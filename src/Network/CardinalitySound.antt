-- ===== src/Network/CardinalitySound.antt =====
-- `cardinalityNetwork` of src/pme/util/sorting_network.cpp: every call on inputs with a positive
-- bound returns, and its outputs count the inputs that are true, up to the bound.
use pme.Base.{
  ℕ, zero, suc, ◌+◌, ◌-◌, ◌/◌, ◌≤◌, ◌<◌, ◌≡◌, subst, Bool, true, false, ◌||◌, List, ◌++◌, length,
  length-take, length-drop, take, drop, min, arith, ok, Returns, All-split, Bool-cases, inl, inr,
  ==_iff, leb→le, lt→ltb, leb, ltb, ◌==◌,
}
use pme.Literal.{PmeId}
use pme.Variables.{VariableManager}
use pme.Cnf.{Valuation, Sat, count_true, count_true-le-length}
use pme.Network.{CnfNetwork}
use pme.Network.Build.{Built, sort}
use pme.Network.Simplified.{simp_merge, cardinality_network, cardinality}
use pme.Network.Prefix.{TruePrefix, FalseFrom}
use pme.Network.SortSound.{IsCounter, IsSort, sort-IsSort, count_true-halves}
use pme.Network.SimpHalves.{IsSimpMerge}
use pme.Network.SimpSound.{simp_merge-IsSimpMerge}

-- Without a cut a sorting network counts.
IsSort-IsCounter :
    (inputs : List PmeId) (m : ℕ) (le ge : Bool) (net : CnfNetwork)
    → length inputs ≤ m
    → IsSort inputs le ge net
    → IsCounter inputs m le ge net
IsSort-IsCounter inputs m le ge net h s = record {
  size = omega (arith, s.size);
  trues = λ d v t.
      subst (λ k. TruePrefix v k net.outputs) (omega (arith, count_true-le-length v inputs))
        (s.trues d v t);
  falses = λ d v t. s.falses d v t;
}

module _ (inputs : List PmeId) (l m : ℕ) (le ge : Bool) (left right merged : CnfNetwork)
    (c_left : IsCounter (take l inputs) m le ge left)
    (c_right : IsCounter (drop l inputs) m le ge right)
    (simp_merged : IsSimpMerge left.outputs right.outputs m le ge merged) where
  abbrev joined : CnfNetwork
  joined = record {
    outputs = merged.outputs;
    clauses = left.clauses ++ right.clauses ++ merged.clauses;
  }

  joined_trues :
      le ≡ true
      → (v : Valuation) → Sat v joined.clauses
      → TruePrefix v (min (count_true v inputs) m) joined.outputs
  joined_trues d v s =
      let (s', s₃) = All-split _ (left.clauses ++ right.clauses) merged.clauses s in
      let (s₁, s₂) = All-split _ left.clauses right.clauses s' in
      let i = min (count_true v (take l inputs)) m in
      let j = min (count_true v (drop l inputs)) m in
      let total : min (count_true v inputs) m ≡ min (i + j) m =
        omega (arith, count_true-halves v l inputs) in
      rw total (simp_merged.trues d v s₃ i j (c_left.trues d v s₁) (c_right.trues d v s₂))

  joined_falses :
      ge ≡ true
      → (v : Valuation) → Sat v joined.clauses
      → FalseFrom v (count_true v inputs) joined.outputs
  joined_falses d v s =
      let (s', s₃) = All-split _ (left.clauses ++ right.clauses) merged.clauses s in
      let (s₁, s₂) = All-split _ left.clauses right.clauses s' in
      subst (λ k. FalseFrom v k merged.outputs) (count_true-halves v l inputs)
        (simp_merged.falses d v s₃ (count_true v (take l inputs)) (count_true v (drop l inputs))
          (c_left.falses d v s₁) (c_right.falses d v s₂))

  joined-IsCounter : IsCounter inputs m le ge joined
  joined-IsCounter = record {
    size = omega (
      arith,
      simp_merged.size,
      c_left.size,
      c_right.size,
      length-take l inputs,
      length-drop l inputs,
    );
    trues = joined_trues;
    falses = joined_falses;
  }

cardinality_network-small :
    (fuel : ℕ) (inputs : List PmeId) (m : ℕ) (le ge : Bool) (vm : VariableManager) (r : Built)
    → ltb 0 (length inputs) ≡ true
    → ltb 0 m ≡ true
    → leb (length inputs) m ≡ true
    → sort inputs le ge vm ≡ ok r
    → cardinality_network (suc fuel) inputs m le ge vm ≡ ok r
unfolding cardinality_network
cardinality_network-small fuel inputs m le ge vm r t₁ t₂ t₃ run = rw (t₁, t₂, t₃, run)

-- The run of the recursive case, from the runs of its parts.
cardinality_network-run :
    (fuel : ℕ) (inputs : List PmeId) (m : ℕ) (le ge : Bool) (vm : VariableManager)
    (left right merged : Built)
    → ltb 0 (length inputs) ≡ true
    → ltb 0 m ≡ true
    → leb (length inputs) m ≡ false
    → cardinality_network fuel (take (length inputs / 2) inputs) m le ge vm ≡ ok left
    → cardinality_network fuel (drop (length inputs / 2) inputs) m le ge left.1 ≡ ok right
    → (length left.0.outputs == min (length inputs / 2) m) ≡ true
    → (length right.0.outputs == min (length inputs - length inputs / 2) m) ≡ true
    → simp_merge left.0.outputs right.0.outputs m le ge right.1 ≡ ok merged
    → cardinality_network (suc fuel) inputs m le ge vm
      ≡ ok (
        record {
          outputs = merged.0.outputs;
          clauses = left.0.clauses ++ right.0.clauses ++ merged.0.clauses;
        },
        merged.1,
      )
unfolding cardinality_network
cardinality_network-run fuel inputs m le ge vm left right merged t₁ t₂ t₃ r₁ r₂ t₄ t₅ r₃ =
    rw (t₁, t₂, t₃, r₁, r₂, t₄, t₅, r₃)

module _ (le ge : Bool) (either : (le || ge) ≡ true) (m : ℕ) (bound : 0 < m) where
  cardinality_network-IsCounter :
      (fuel : ℕ) (inputs : List PmeId) (vm : VariableManager)
      → 0 < length inputs
      → length inputs ≤ fuel
      → Returns (cardinality_network fuel inputs m le ge vm) (λ r. IsCounter inputs m le ge r.0)
  cardinality_network-IsCounter zero inputs vm pos h = absurd (omega arith)
  cardinality_network-IsCounter (suc fuel) inputs vm pos h =
      elim (Bool-cases (leb (length inputs) m)) [
        | inl few ↦ small few
        | inr many ↦
            let l = length inputs / 2 in
            let large : m < length inputs = ground arith in
            let (left, r₁, m₁) =
              cardinality_network-IsCounter fuel (take l inputs) vm
                (omega (arith, length-take l inputs)) (omega (arith, length-take l inputs)) in
            let (right, r₂, m₂) =
              cardinality_network-IsCounter fuel (drop l inputs) left.1
                (omega (arith, length-drop l inputs)) (omega (arith, length-drop l inputs)) in
            let (merged, r₃, c) =
              simp_merge-IsSimpMerge le ge left.0.outputs right.0.outputs m right.1 either bound in
            (
              (_, merged.1),
              cardinality_network-run fuel inputs m le ge vm left right merged (lt→ltb _ _ pos)
                  (lt→ltb _ _ bound) many r₁ r₂
                  ((==_iff _ _).1 (omega (arith, m₁.size, length-take l inputs)))
                  ((==_iff _ _).1 (omega (arith, m₂.size, length-drop l inputs))) r₃,
              joined-IsCounter inputs l m le ge left.0 right.0 merged.0 m₁ m₂ c,
            )
      ]
    where
      small :
          leb (length inputs) m ≡ true
          → Returns
              (cardinality_network (suc fuel) inputs m le ge vm)
              (λ r. IsCounter inputs m le ge r.0)
      small few =
          let (r, run, s) = sort-IsSort le ge inputs vm either pos in
          (
            r,
            cardinality_network-small fuel inputs m le ge vm r (lt→ltb _ _ pos) (lt→ltb _ _ bound)
                few run,
            IsSort-IsCounter inputs m le ge r.0 (leb→le _ _ few) s,
          )

pub cardinality-IsCounter :
    (le ge : Bool) (inputs : List PmeId) (m : ℕ) (vm : VariableManager)
    → (le || ge) ≡ true
    → 0 < length inputs
    → 0 < m
    → Returns (cardinality inputs m le ge vm) (λ r. IsCounter inputs m le ge r.0)
unfolding cardinality
cardinality-IsCounter le ge inputs m vm either pos bound =
    cardinality_network-IsCounter le ge either m bound (length inputs) inputs vm pos (omega arith)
● ● ● ● ● ● ●
◆ Exercise requirements: The lines you need are those with the word "total"; list them from the entries.

◆ Your solution:
      let total : min (count_true v inputs) m ≡ min (i + j) m =
      rw total (simp_merged.trues d v s₃ i j (c_left.trues d v s₁) (c_right.trues d v s₂))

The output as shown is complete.